───── Given data ─────

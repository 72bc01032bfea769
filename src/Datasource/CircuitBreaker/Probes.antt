-- ===== src/Datasource/CircuitBreaker/Probes.antt =====
-- What an open breaker lets through, and how a half-open one can stay shut for good.
use mountain_king.Datasource.CircuitBreaker.{
  circuit_open, circuit_half_open, CircuitBreaker, allow_request, record_success, record_failure,
}
use mountain_king.Datasource.CircuitBreaker.Events.{grants}
use mountain_king.Prelude.{
  ℕ, zero, suc, ◌+◌, ◌-◌, ◌≤◌, ◌<◌, ◌≡◌, refl, sym, subst, List, [], ◌∷◌, arith, All, ◌≢◌,
}

grants_shut :
    (nows : List ℕ) (cb : CircuitBreaker)
    → cb.state ≡ circuit_open
    → All (λ now. now - cb.opened_at < cb.config.open_duration) nows
    → grants nows cb ≡ 0
unfolding grants allow_request
grants_shut [] cb e a = refl
grants_shut (now ∷ nows) cb e (h, a) = ground (arith, grants_shut nows cb e a)

trips-opened_at :
    (last : ℕ) (cb : CircuitBreaker)
    → cb.state ≢ circuit_open
    → (record_failure last cb).state ≡ circuit_open
    → ((record_failure last cb).opened_at ≡ last)
      × ((record_failure last cb).config.open_duration ≡ cb.config.open_duration)
unfolding record_failure
trips-opened_at last cb n e = ground arith

-- A failure that opens a breaker shuts it for the open duration, counted from that failure: no
-- request before its end is let through.
pub grants-record_failure :
    (last : ℕ) (nows : List ℕ) (cb : CircuitBreaker)
    → cb.state ≢ circuit_open
    → (record_failure last cb).state ≡ circuit_open
    → All (λ now. now - last < cb.config.open_duration) nows
    → grants nows (record_failure last cb) ≡ 0
grants-record_failure last nows cb n e a =
    let (opened, same) = trips-opened_at last cb n e in
    grants_shut nows (record_failure last cb) e (
      subst (λ d. All (λ now. now - (record_failure last cb).opened_at < d) nows) (sym same)
        (subst (λ t. All (λ now. now - t < cb.config.open_duration) nows) (sym opened) a))

grants-half_open :
    (nows : List ℕ) (cb : CircuitBreaker)
    → cb.state ≡ circuit_half_open
    → cb.half_open_requests ≤ cb.config.half_open_max_requests
    → cb.half_open_requests + grants nows cb ≤ cb.config.half_open_max_requests
unfolding grants allow_request
grants-half_open [] cb e h = omega arith
grants-half_open (now ∷ nows) cb e h = ground (
  arith,
  grants-half_open nows cb,
  grants-half_open nows (record cb { half_open_requests = cb.half_open_requests + 1 }),
)

-- However many requests come, while no result is recorded an open breaker lets through at most the
-- configured number of probes.
pub grants-open :
    (nows : List ℕ) (cb : CircuitBreaker)
    → cb.state ≡ circuit_open
    → grants nows cb ≤ cb.config.half_open_max_requests
unfolding grants allow_request
grants-open [] cb e = omega arith
grants-open (now ∷ nows) cb e =
    let probing = record cb {
      state = circuit_half_open;
      success_count = 0;
      half_open_requests = 0;
    } in
    ground (
      arith,
      grants-open nows cb e,
      grants-half_open nows probing,
      grants-half_open nows (record probing { half_open_requests = 1 }),
    )

-- `rounds` requests, each let through at the moment `now` and successful before the next.
unfoldable pub probe_rounds : ℕ → ℕ → CircuitBreaker → CircuitBreaker
probe_rounds zero now cb = cb
probe_rounds (suc rounds) now cb = probe_rounds rounds now (record_success (allow_request now cb).0)

-- Half-open, with every probe used up and too few successes to close.
record IsLocked (cb : CircuitBreaker) : Type 0 where
  half : cb.state ≡ circuit_half_open
  spent : cb.half_open_requests ≡ cb.config.half_open_max_requests
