-- ===== src/Datasource/CircuitBreaker/Tests.antt =====
-- Runs of a breaker at concrete moments, and the theorems at inputs that meet their hypotheses.
use mountain_king.Datasource.CircuitBreaker.{
  circuit_closed, circuit_open, CircuitBreakerConfig, CircuitBreaker, new_circuit_breaker,
  record_failure,
}
use mountain_king.Datasource.CircuitBreaker.Events.{allow, success, failure, step, run, grants}
use mountain_king.Datasource.CircuitBreaker.Invariant.{IsValid, run-IsValid}
use mountain_king.Datasource.CircuitBreaker.Probes.{grants-record_failure, grants-open}
use mountain_king.Prelude.{ℕ, ◌≤◌, ◌≡◌, refl, [], ◌∷◌, arith}
use mountain_king.Prelude.Int.{ℤ, pos}

abbrev defaults : CircuitBreakerConfig ℤ
defaults = record {
  failure_threshold = pos 0;
  open_duration = pos 0;
  half_open_max_requests = pos 0;
  success_threshold = pos 0;
}

abbrev fresh : CircuitBreaker
unfolding new_circuit_breaker
fresh = new_circuit_breaker defaults

abbrev config : CircuitBreakerConfig ℕ
config = record {
  failure_threshold = 2;
  open_duration = 30;
  half_open_max_requests = 1;
  success_threshold = 2;
}

abbrev quiet : CircuitBreaker
quiet = record {
  state = circuit_closed;
  failure_count = 0;
  success_count = 0;
  last_failure_at = 0;
  opened_at = 0;
  half_open_requests = 0;
  config = config;
}

abbrev tripped : CircuitBreaker
tripped = record quiet {
  state = circuit_open;
  failure_count = 2;
  last_failure_at = 7;
  opened_at = 7;
}

quiet-IsValid : IsValid quiet
quiet-IsValid = ground arith

trips : run (failure 5 ∷ failure 7 ∷ []) quiet ≡ tripped
unfolding run step record_failure
trips = refl

-- The defaults allow one probe and ask for two successes.
default_probes : fresh.config.half_open_max_requests ≡ 1
unfolding new_circuit_breaker
default_probes = refl

run-IsValid_example :
    IsValid (run (failure 5 ∷ allow 9 ∷ success ∷ []) (new_circuit_breaker defaults))
run-IsValid_example = run-IsValid defaults (failure 5 ∷ allow 9 ∷ success ∷ [])

grants-record_failure_example :
    grants (8 ∷ 36 ∷ []) (record_failure 7 (record quiet { failure_count = 1 })) ≡ 0
unfolding record_failure
grants-record_failure_example =
    grants-record_failure 7 (8 ∷ 36 ∷ []) (record quiet { failure_count = 1 }) (ground arith) refl
      (omega arith, (omega arith, tt))

grants-open_example : grants (8 ∷ 40 ∷ 41 ∷ []) tripped ≤ 1
grants-open_example = grants-open (8 ∷ 40 ∷ 41 ∷ []) tripped refl
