-- ===== src/Datasource/Manager/Availability.antt =====
-- Which data sources a health check leaves available.
use mountain_king.Datasource.Manager.{
  DataSourceStatus, DataSourceManager, get, update_status, check_sources, health_check_all,
  is_available,
}
use mountain_king.Errors.{ok, datasource_error, err_datasource_unavailable}
use mountain_king.Prelude.{
  subst, ◌≡◌, refl, ap, ◌∙◌, Bool, not, Option, none, some, [], ◌∷◌, Bytes, arith, bytes_eq,
  bytes_eq_iff, if◌then◌else◌, Option-cases, inl, inr, Bool-cases,
}
use mountain_king.Table.{Table, find, find-put}

-- No name stands twice.
abbrev pub AreNamed : {D : Type 0} → Table D → Type 0
AreNamed [] = Unit
AreNamed ((name, d) ∷ ds) = (find name ds ≡ none) × AreNamed ds

-- The status that a check leaves.
abbrev pub checked_status : Bool → Option DataSourceStatus → Option DataSourceStatus
checked_status healthy none = none
checked_status healthy (some st) = some (record st { available = healthy; has_error = not healthy })

find-update_status :
    (q name : Bytes) (healthy : Bool) (status : Table DataSourceStatus)
    → find q (update_status name healthy status)
      ≡ (if bytes_eq name q then checked_status healthy (find name status) else find q status)
unfolding update_status
find-update_status q name healthy status = elim (Option-cases (find name status)) [
  | inl missing ↦ ground (arith, bytes_eq_iff name q)
  | inr (st, found) ↦ ground (
    arith,
    bytes_eq_iff name q,
    find-put q name (record st { available = healthy; has_error = not healthy }) status,
  )
]

-- The status of a name after all the checks.
abbrev pub after_check :
    {D : Type 0} → (D → Bool) → Option D → Option DataSourceStatus → Option DataSourceStatus
after_check health none st = st
after_check health (some d) st = checked_status (health d) st

find-check_sources :
    {D : Type 0} (health : D → Bool) (ds : Table D) (status : Table DataSourceStatus) (q : Bytes)
    → AreNamed ds
    → find q (check_sources health ds status).1 ≡ after_check health (find q ds) (find q status)
unfolding check_sources find
find-check_sources health [] status q h = refl
find-check_sources health ((name, d) ∷ ds) status q (p, h) =
    let updated = update_status name (health d) status in
    let later = find-check_sources health ds updated q h in
    let here = find-update_status q name (health d) status in
    elim (Bool-cases (bytes_eq name q)) [
      | inl same ↦
          let e : name ≡ q = ground (arith, bytes_eq_iff name q) in
          let absent : find q ds ≡ none = subst (λ n. find n ds ≡ none) e p in
          later ∙ rw (absent, here, same) (ap (λ n. checked_status (health d) (find n status)) e)
      | inr other ↦ later ∙ rw (here, other) refl
    ]

-- After a health check of all data sources, a name that is registered and has a status is served
-- exactly if its data source was healthy, and a name that is not registered never is.
pub get-health_check_all :
    {D : Type 0} (health : D → Bool) (m : DataSourceManager D) (name : Bytes)
    (st : DataSourceStatus)
    → AreNamed m.datasources
    → find name m.status ≡ some st
    → get name (health_check_all health m).1 ≡ (elim (find name m.datasources) [
      | none ↦ datasource_error err_datasource_unavailable
      | some d ↦ if health d then ok d else datasource_error err_datasource_unavailable
    ])
unfolding get health_check_all
get-health_check_all health m name st h s =
    let checked = find-check_sources health m.datasources m.status name h in
    elim (Option-cases (find name m.datasources)) [
      | inl missing ↦ rw (missing) refl
      | inr (d, found) ↦
          let known : find name (check_sources health m.datasources m.status).1
              ≡ checked_status (health d) (some st) =
            checked ∙ rw (found, s) refl in
          simp (found) (
            ap
              (λ (o : Option DataSourceStatus).
                if is_available o then ok d else datasource_error err_datasource_unavailable)
              known)
    ]
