-- ===== src/Datasource/Manager/Tests.antt =====
-- Data sources that are checked.
use mountain_king.Datasource.Manager.{
  DataSourceManager, SourceConfig, fresh_status, init, get, health_check_all, reconnected,
}
use mountain_king.Errors.{ok}
use mountain_king.Prelude.{
  ◌≡◌, refl, Bool, true, false, none, some, List, [], ◌∷◌, codes, bytes_eq, if◌then◌else◌,
}

-- A data source is whether it can be reached.
abbrev configs : List SourceConfig
configs =
    record { name = codes "a"; type_name = codes "sr"; enabled = true }
    ∷ record { name = codes "b"; type_name = codes "sr"; enabled = false }
    ∷ record { name = codes "c"; type_name = codes "ch"; enabled = true }
    ∷ []

abbrev manager : DataSourceManager Bool
manager = record {
  datasources = (codes "a", true) ∷ [];
  status = (codes "a", fresh_status true) ∷ [];
}

starts :
    init
      (λ t. if bytes_eq t (codes "sr") then some (λ cfg. some true) else none)
      (λ d. d)
      configs
      (record { datasources = []; status = [] })
    ≡ ([], manager)
unfolding init bytes_eq
starts = refl

recovers :
    get (codes "a") (reconnected (codes "a") true (health_check_all (λ d. false) manager).1)
    ≡ ok true
unfolding get health_check_all reconnected bytes_eq
recovers = refl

─────

Among the entries above, the lines between the ones containing "fresh = new_circuit_breaker defaults" and "AreNamed [] = Unit", inclusive, are to be transcribed exactly. No other line is to be given.

fresh = new_circuit_breaker defaults

abbrev config : CircuitBreakerConfig ℕ
config = record {
  failure_threshold = 2;
  open_duration = 30;
  half_open_max_requests = 1;
  success_threshold = 2;
}

abbrev quiet : CircuitBreaker
quiet = record {
  state = circuit_closed;
  failure_count = 0;
  success_count = 0;
  last_failure_at = 0;
  opened_at = 0;
  half_open_requests = 0;
  config = config;
}

abbrev tripped : CircuitBreaker
tripped = record quiet {
  state = circuit_open;
  failure_count = 2;
  last_failure_at = 7;
  opened_at = 7;
}

quiet-IsValid : IsValid quiet
quiet-IsValid = ground arith

trips : run (failure 5 ∷ failure 7 ∷ []) quiet ≡ tripped
unfolding run step record_failure
trips = refl

-- The defaults allow one probe and ask for two successes.
default_probes : fresh.config.half_open_max_requests ≡ 1
unfolding new_circuit_breaker
default_probes = refl

run-IsValid_example :
    IsValid (run (failure 5 ∷ allow 9 ∷ success ∷ []) (new_circuit_breaker defaults))
run-IsValid_example = run-IsValid defaults (failure 5 ∷ allow 9 ∷ success ∷ [])

grants-record_failure_example :
    grants (8 ∷ 36 ∷ []) (record_failure 7 (record quiet { failure_count = 1 })) ≡ 0
unfolding record_failure
grants-record_failure_example =
    grants-record_failure 7 (8 ∷ 36 ∷ []) (record quiet { failure_count = 1 }) (ground arith) refl
      (omega arith, (omega arith, tt))

grants-open_example : grants (8 ∷ 40 ∷ 41 ∷ []) tripped ≤ 1
grants-open_example = grants-open (8 ∷ 40 ∷ 41 ∷ []) tripped refl
-- ===== src/Datasource/Manager/Availability.antt =====
-- Which data sources a health check leaves available.
use mountain_king.Datasource.Manager.{
  DataSourceStatus, DataSourceManager, get, update_status, check_sources, health_check_all,
  is_available,
}
use mountain_king.Errors.{ok, datasource_error, err_datasource_unavailable}
use mountain_king.Prelude.{
  subst, ◌≡◌, refl, ap, ◌∙◌, Bool, not, Option, none, some, [], ◌∷◌, Bytes, arith, bytes_eq,
  bytes_eq_iff, if◌then◌else◌, Option-cases, inl, inr, Bool-cases,
}
use mountain_king.Table.{Table, find, find-put}

-- No name stands twice.
abbrev pub AreNamed : {D : Type 0} → Table D → Type 0
AreNamed [] = Unit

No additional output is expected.